You know that your first step will be creating a new dataset that
only contains data about city hotels. You can do that using the
filter()
function, and name your new data frame
‘hotel_bookings_city’:
hotel_bookings_city <-
filter(hotel_bookings, hotel_bookings$hotel=="City Hotel")

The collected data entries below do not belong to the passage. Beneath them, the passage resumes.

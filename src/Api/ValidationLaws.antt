-- ===== src/Api/ValidationLaws.antt =====
-- Which specifications validation.go accepts, said without its code.
use kubervisor.Prelude.{
  none, List, [], ◌∷◌, String, Outcome, ok, ◌≡◌, ◌≢◌, ◌↔◌, refl, arith, eq_iff, All, wrapping,
}
use kubervisor.Prelude.Dict
use kubervisor.Prelude.Dict.{Dict}
use kubervisor.Api.{FloatOps, BreakerStrategy, KubervisorServiceSpec}
use kubervisor.Api.BreakerLaws.{IsValidBreaker, breaker_sound, breaker_complete}
use kubervisor.Api.Validation.{
  validate_breakers, validate_kubervisor_service_spec, validate_activator_strategy,
}

module _ {F : Type 0} (floats : FloatOps F) (dns : String → List String) where
  -- No two breakers have one name.
  abbrev pub HasUniqueNames : List (BreakerStrategy F) → Type 0
  HasUniqueNames [] = Unit
  HasUniqueNames (b ∷ bs) = All (λ c. b.name ≢ c.name) bs × HasUniqueNames bs

  -- None of the names is in the set.
  abbrev AreNew : Dict (Unit {0}) → List (BreakerStrategy F) → Type 0
  AreNew names = All (λ b. Dict.get names b.name ≡ none)

  AreNew-put :
      (names : Dict (Unit {0})) (k : String) (bs : List (BreakerStrategy F))
      → AreNew (Dict.put names k tt) bs
      → AreNew names bs × All (λ c. k ≢ c.name) bs
  AreNew-put names k [] h = (tt, tt)
  AreNew-put names k (b ∷ bs) h =
      let (a, c) = AreNew-put names k bs h.1 in
      (
        (ground (arith, Dict.get-put names k tt b.name, h.0), a),
        (ground (arith, Dict.get-put names k tt b.name, h.0, eq_iff k b.name), c),
      )

  AreNew-put_of :
      (names : Dict (Unit {0})) (k : String) (bs : List (BreakerStrategy F))
      → AreNew names bs
      → All (λ c. k ≢ c.name) bs
      → AreNew (Dict.put names k tt) bs
  AreNew-put_of names k [] h e = tt
  AreNew-put_of names k (b ∷ bs) h e = (
    ground (arith, Dict.get-put names k tt b.name, h.0, e.0, eq_iff k b.name),
    AreNew-put_of names k bs h.1 e.1,
  )

  wrapping_ok : (text : String) (r : Outcome (Unit {0})) → wrapping text r ≡ ok tt → r ≡ ok tt
  wrapping_ok text r h = ground arith

  breakers_sound :
      (names : Dict (Unit {0})) (bs : List (BreakerStrategy F))
      → validate_breakers floats dns names bs ≡ ok tt
      → All (IsValidBreaker floats dns) bs × HasUniqueNames bs × AreNew names bs
  unfolding validate_breakers
  breakers_sound names [] h = (tt, tt, tt)
  breakers_sound names (b ∷ bs) h =
      let (valid, unique, fresh) = breakers_sound (Dict.put names b.name tt) bs (ground arith) in
      let (kept, others) = AreNew-put names b.name bs fresh in
      ((breaker_sound floats dns b (ground arith), valid), (others, unique), (ground arith, kept))

  breakers_complete :
      (names : Dict (Unit {0})) (bs : List (BreakerStrategy F))
      → All (IsValidBreaker floats dns) bs
      → HasUniqueNames bs
      → AreNew names bs
      → validate_breakers floats dns names bs ≡ ok tt
  unfolding validate_breakers
  breakers_complete names [] v u n = refl
  breakers_complete names (b ∷ bs) v u n =
      rw (breaker_complete floats dns b v.0, n.0)
        (breakers_complete (Dict.put names b.name tt) bs v.1 u.1
          (AreNew-put_of names b.name bs n.1 u.0))

  pub record IsValidSpec (s : KubervisorServiceSpec F) : Type 0 where
    pub good_service : dns s.service ≡ []
    pub some_breaker : s.breakers ≢ []
    pub valid_breakers : All (IsValidBreaker floats dns) s.breakers
    pub unique_names : HasUniqueNames s.breakers

  AreNew-nil : (bs : List (BreakerStrategy F)) → AreNew [] bs
  unfolding Dict.get
  AreNew-nil [] = tt
  AreNew-nil (b ∷ bs) = (refl, AreNew-nil bs)

  spec_sound :
      (s : KubervisorServiceSpec F)
      → validate_kubervisor_service_spec floats dns s ≡ ok tt
      → IsValidSpec s
  unfolding validate_kubervisor_service_spec
  spec_sound s h =
      let (valid, unique, fresh) = breakers_sound [] s.breakers (ground arith) in
      record {
        good_service = ground arith;
        some_breaker = ground arith;
        valid_breakers = valid;
        unique_names = unique;
      }

  spec_complete :
      (s : KubervisorServiceSpec F)
      → IsValidSpec s
      → validate_kubervisor_service_spec floats dns s ≡ ok tt
  unfolding validate_kubervisor_service_spec validate_activator_strategy
  spec_complete s v = ground (
    arith,
    v.good_service,
    v.some_breaker,
    breakers_complete [] s.breakers v.valid_breakers v.unique_names (AreNew-nil s.breakers),
  )

  -- The validation accepts a specification exactly if the name of its service has no fault, it has
  -- a breaker, no two breakers share a name, and each breaker has a good name, exactly one analysis
  -- with a valid configuration, and an evaluation period in range, if any.
  pub validate_iff :
      (s : KubervisorServiceSpec F)
      → (validate_kubervisor_service_spec floats dns s ≡ ok tt) ↔ IsValidSpec s
  validate_iff s = (spec_sound s, spec_complete s)
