-- ===== src/Breaker.antt =====
-- pkg/breaker/breaker.go: the round of a breaker, which cuts the pods that its analysis reports while
-- enough pods stay in traffic.
pub mod Count
pub mod Round
pub mod RoundLaws
pub mod TickerLaws
pub mod MinimumLaws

Check out your new dataset:
head(hotel_bookings_city)
## # A tibble: 6 × 32
## hotel is_canceled lead_time arrival_date_year arrival_date_month
## <chr> <dbl> <dbl> <dbl> <chr>
## 1 City Hotel 0 6 2015 July
## 2 City Hotel 1 88 2015 July
## 3 City Hotel 1 65 2015 July
## 4 City Hotel 1 92 2015 July
## 5 City Hotel 1 100 2015 July
## 6 City Hotel 1 79 2015 July
## # ℹ 27 more variables: arrival_date_week_number <dbl>,
## # arrival_date_day_of_month <dbl>, stays_in_weekend_nights <dbl>,
## # stays_in_week_nights <dbl>, adults <dbl>, children <dbl>, babies <dbl>,
## # meal <chr>, country <chr>, market_segment <chr>,
## # distribution_channel <chr>, is_repeated_guest <dbl>,
## # previous_cancellations <dbl>, previous_bookings_not_canceled <dbl>,
## # reserved_room_type <chr>, assigned_room_type <chr>, …

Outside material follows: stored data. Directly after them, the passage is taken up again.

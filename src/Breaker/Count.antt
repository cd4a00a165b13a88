-- ===== src/Breaker/Count.antt =====
-- pkg/breaker/breaker.go, computeMinAvailablePods and the number of pods to cut.
use Prim.Native.Nat.{min, max}
use kubervisor.Prelude.{
  ℕ, ◌+◌, ◌-◌, ◌*◌, ◌/◌, ◌^◌, ◌<◌, ◌≤◌, ◌≡◌, ◌⊎◌, refl, arith, Option, none, some, if◌then◌else◌,
}
use kubervisor.Prelude.Int.{
  ℤ, pos, ltb_ℤ, ◌-ℤ◌, ◌*ℤ◌, wrap64, int_of_uint, quot, wrap64-pos, int_of_uint-pos, *ℤ-pos,
  quot-pos, wrap64-sub,
}
use kubervisor.Api.{BreakerStrategy}

-- `x := 0; if p != nil { x = int(*p) }`
abbrev pub int_or_zero : Option ℕ → ℤ
int_or_zero none = pos 0
int_or_zero (some u) = int_of_uint u

module _ {F : Type 0} where
  unfoldable pub compute_min_available_pods : BreakerStrategy F → ℕ → ℤ
  compute_min_available_pods config n =
      let count = int_or_zero config.min_pods_available_count in
      let ratio = int_or_zero config.min_pods_available_ratio in
      let quota = quot (wrap64 (pos n *ℤ ratio)) 100 in if ltb_ℤ count quota then quota else count

  -- The number of pods to cut, of `n` pods with traffic and `k` reported ones.
  unfoldable pub remove_count : BreakerStrategy F → ℕ → ℕ → ℤ
  remove_count config n k =
      let all = wrap64 (pos n -ℤ compute_min_available_pods config n) in
      let capped = if ltb_ℤ (pos k) all then pos k else all in
      if ltb_ℤ capped (pos 0) then pos 0 else capped

-- The number that a setting stands for, zero if there is none.
abbrev pub or_zero : Option ℕ → ℕ
or_zero none = 0
or_zero (some u) = u

int_or_zero-pos : (o : Option ℕ) → or_zero o < 2 ^ 62 → int_or_zero o ≡ pos (or_zero o)
int_or_zero-pos none h = refl
int_or_zero-pos (some u) h = int_of_uint-pos u (omega arith)

module _ {F : Type 0} (config : BreakerStrategy F) (n k : ℕ) where
  -- The settings are so small that no product leaves the range of `int`.
  abbrev pub FitsInt : Type 0
  FitsInt =
      (or_zero config.min_pods_available_count < 2 ^ 62)
      × (or_zero config.min_pods_available_ratio < 2 ^ 62)
      × (n * or_zero config.min_pods_available_ratio < 2 ^ 62)
      × (n < 2 ^ 62)

  -- The number of pods that must stay in traffic.
  abbrev pub floor : ℕ
  floor =
      max (n * or_zero config.min_pods_available_ratio / 100)
        (or_zero config.min_pods_available_count)

  compute_min-floor : FitsInt → compute_min_available_pods config n ≡ pos floor
  unfolding compute_min_available_pods ltb_ℤ
  compute_min-floor h =
      rw
        (
          int_or_zero-pos config.min_pods_available_count h.0,
          int_or_zero-pos config.min_pods_available_ratio h.1,
          *ℤ-pos n (or_zero config.min_pods_available_ratio),
          wrap64-pos (n * or_zero config.min_pods_available_ratio) (omega arith),
          quot-pos (n * or_zero config.min_pods_available_ratio) 100,
        )
        (ground arith)

  -- Of `n` pods with traffic and `k` reported ones, the breaker cuts as many as it can without
  -- leaving fewer pods in traffic than the larger of the minimal count and the minimal ratio of
  -- `n`, as long as the products fit an `int`.
  pub remove_count-min : FitsInt → k < 2 ^ 62 → remove_count config n k ≡ pos (min k (n - floor))
  unfolding remove_count ltb_ℤ
  remove_count-min h small =
      rw (compute_min-floor h, wrap64-sub n floor (omega arith) (omega arith)) (ground arith)

  -- So a round that cuts any pod leaves the minimum in traffic, and it stops short of the reported
  -- pods only if one more cut would break the minimum.
  pub remove_count_safe :
      FitsInt
      → k < 2 ^ 62
      → (r : ℕ) × (remove_count config n k ≡ pos r)
        × (r ≤ k)
        × ((r ≡ 0) ⊎ (r + floor ≤ n))
        × ((r ≡ k) ⊎ (n < r + 1 + floor))
  remove_count_safe h small =
      (min k (n - floor), remove_count-min h small, omega arith, omega arith, omega arith)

You quickly check what the average lead time for this set of hotels is, just like you did for all of hotels before:
mean(hotel_bookings_city$lead_time)
## [1] 109.7357
Now, your boss wants to know a lot more information about city
hotels, including the maximum and minimum lead time. They are also
interested in how they are different from resort hotels. You don’t want
to run each line of code over and over again, so you decide to use the
group_by()
andsummarize()
functions. You can
also use the pipe operator to make your code easier to follow. You will
store the new dataset in a data frame named ‘hotel_summary’:
hotel_summary <-
hotel_bookings %>%
group_by(hotel) %>%
summarise(average_lead_time=mean(lead_time),
min_lead_time=min(lead_time),
max_lead_time=max(lead_time))
Check out your new dataset using head() again:
head(hotel_summary)
## # A tibble: 2 × 4
## hotel average_lead_time min_lead_time max_lead_time
## <chr> <dbl> <dbl> <dbl>
## 1 City Hotel 110. 0 629
## 2 Resort Hotel 92.7 0 737
Being able to manipulate data is a key skill for working in
R
. After this activity, you should be more familiar with
functions that allow you to change your data, such as
arrange()
, group_by()
, and
filter()
. You also have some experience using statistical
summaries to make insights into your data. You can continue to practice
these skills by modifying the code chunks in the rmd file, or use this
code as a starting point in your own project console. As you practice,
consider how performing tasks is similar and different in R
compared to other tools you have learned throughout this program.